I’m sorting out what that means, when Armen reappears.

He doesn’t approach right away. He stops several feet away, just inside my peripheral vision, close enough that Iregister him without having to turn. The effect is immediate anyway. My spine tightens. My breath shallows. My body reacts before my mind catches up.

He speaks to someone else first, low, controlled instructions about placement and spacing. I don’t catch the words, but I catch the shape of them. Nothing wasted. No unnecessary emphasis.

Then his attention turns fully to me.

I lift my head slowly, refusing to rush it, refusing to look startled. He’s standing closer than before. Close enough that I can see the faint crease between his brows. He smells faintly of metal and sweat and something clean beneath it, soap, maybe. Or just discipline.

He’s so… solid.

Not imposing, exactly. Just steady. Almost safe, if I can say that about someone who is my captor. Like the kind of man who doesn’t need to raise his voice because everyone around him knows to listen.

He doesn’t touch me, at least not at first. “You’re favoring the knee,” he says calmly.

I blink. “It’s injured.”

“Yes.” His gaze flicks down, then back up. “You’re also holding your shoulders too tight.”

“That’s not an injury,” I say.

“No,” he agrees. “It’s a habit.”

I shake my head. “No. It’s a reaction.”

“To what?”

I look around to make my point. “This isn’t exactly the most normal place. You know, with restraints around my wrists and ankles. Whimpering women everywhere andbig, burly guys barking orders. If my posture is a little off, it’s no wonder.”

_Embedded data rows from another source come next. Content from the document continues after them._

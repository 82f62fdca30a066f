-- ===== src/Hpack/Strings.antt =====
-- The string literals of Cutelyst/Server/hpack.cpp: hpackDecodeString, parse_string and
-- parse_string_key. The Huffman automaton is the table of nghttp2 in hpack_p.cpp, a parameter.
pub mod Laws
mod Tests
use cutelyst.Common.{ℕ, zero, suc, ◌+◌, ◌-◌, ◌/◌, ◌%◌, leb, ◌==◌, if◌then◌else◌}
use cutelyst.Common.{Bytes, [], ◌∷◌, ◌++◌, length, take, drop, Bool, ◌&&◌, ◌||◌, not}
use cutelyst.Hpack.Integer.{Read, read, failed, undefined, then_read, decode_uint}

-- HPackPrivate::HuffDecode; the bits of `flags` are HUFF_ACCEPTED, HUFF_SYM and HUFF_FAIL.
pub record HuffDecode : Type 0 where
  pub state : ℕ
  pub flags : ℕ
  pub sym : ℕ

abbrev huff_accepted : HuffDecode → Bool
huff_accepted e = e.flags % 2 == 1

abbrev huff_sym : HuffDecode → Bool
huff_sym e = e.flags / 2 % 2 == 1

abbrev huff_fail : HuffDecode → Bool
huff_fail e = e.flags / 4 % 2 == 1

-- `value.append(char(entry->sym))` where the entry has a symbol.
abbrev append_sym : HuffDecode → Bytes → Bytes
append_sym e dst = if huff_sym e then dst ++ (e.sym ∷ []) else dst

-- QChar::isUpper of a Latin-1 character.
abbrev pub is_upper : ℕ → Bool
is_upper c = (leb 0x41 c && leb c 0x5a) || (leb 0xc0 c && leb c 0xde && not (c == 0xd7))

module _ (table : ℕ → ℕ → HuffDecode) where
  -- The `do … while (++src < src_end)` loop; `left` counts the rounds after this one.
  huff_loop : Bytes → ℕ → ℕ → Bytes → Read Bytes
  huff_loop [] left state dst = undefined
  huff_loop (b ∷ rest) left state dst =
      let hi = table state (b / 16) in
      let lo = table hi.state (b % 16) in
      let dst' = append_sym lo (append_sym hi dst) in
      let more = huff_loop rest (left - 1) lo.state dst' in
      let last = if huff_accepted lo then read dst' rest else failed in
      if huff_fail hi || huff_fail lo then failed else if left == 0 then last else more

  -- The function returns `src_end`, which is `src` where the length is 0, though a byte was read.
  pub decode_string : ℕ → Bytes → Read Bytes
  unfolding huff_loop
  decode_string len src =
      then_read (huff_loop src (len - 1) 0 []) (λ value _. read value (drop len src))

  unfoldable pub parse_string : Bytes → Read Bytes
  unfolding decode_string
  parse_string [] = undefined
  parse_string (b ∷ bs) = then_read (decode_uint (b ∷ bs) 7) λ len buf.
      if b / 128 % 2 == 1
      then decode_string len buf
      else if leb len (length buf)
      then read (take len buf) (drop len buf)
      else failed

-- The `while (buf < itEnd)` loop of parse_string_key, with `buf++` twice in each round. The
-- number is `itEnd - buf`; the second read of an odd last round is at `itEnd`.
pub key_loop : ℕ → Bytes → Bytes → Read Bytes
key_loop zero buf dst = read dst buf
key_loop (suc n) [] dst = undefined
key_loop (suc n) (c ∷ []) dst = if is_upper c then failed else undefined
key_loop (suc zero) (c ∷ d ∷ buf) dst = if is_upper c then failed else read (dst ++ (d ∷ [])) buf
key_loop (suc (suc n)) (c ∷ d ∷ buf) dst =
    let more = key_loop n buf (dst ++ (d ∷ [])) in if is_upper c then failed else more

module _ (table : ℕ → ℕ → HuffDecode) where
  pub parse_string_key : Bytes → Read Bytes
  unfolding decode_string key_loop
  parse_string_key [] = undefined
  parse_string_key (b ∷ bs) = then_read (decode_uint (b ∷ bs) 7) λ len buf.
      if b / 128 % 2 == 1
      then decode_string table len buf
      else if leb len (length buf)
      then key_loop len buf []
      else failed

He steps closer and crouches in front of me, slow and deliberate. Not looming. Not crowding. Just close enough that the air between us changes somehow.

I know my breathing does.

His hands move automatically at first, reaching behind me for the binding at my wrists. I feel the brush of his fingers through the fabric of my shirt where it’s ridden up, the heat of his palm as he checks the knot. He doesn’t tighten it. He doesn’t loosen it either. His hands pause. The hesitation is subtle, but I feel it immediately. A fraction of a second where his grip adjusts, where the motion stops being purely procedural.

I look up at him. Really look.

He’s watching my posture. The way I’m holding myself upright despite the strain. The way my chin is lifted just a little too high, my shoulders drawn forward like armor. Of course, I’m uncomfortable. Everyone in this shithole of a shopping mall is uncomfortable.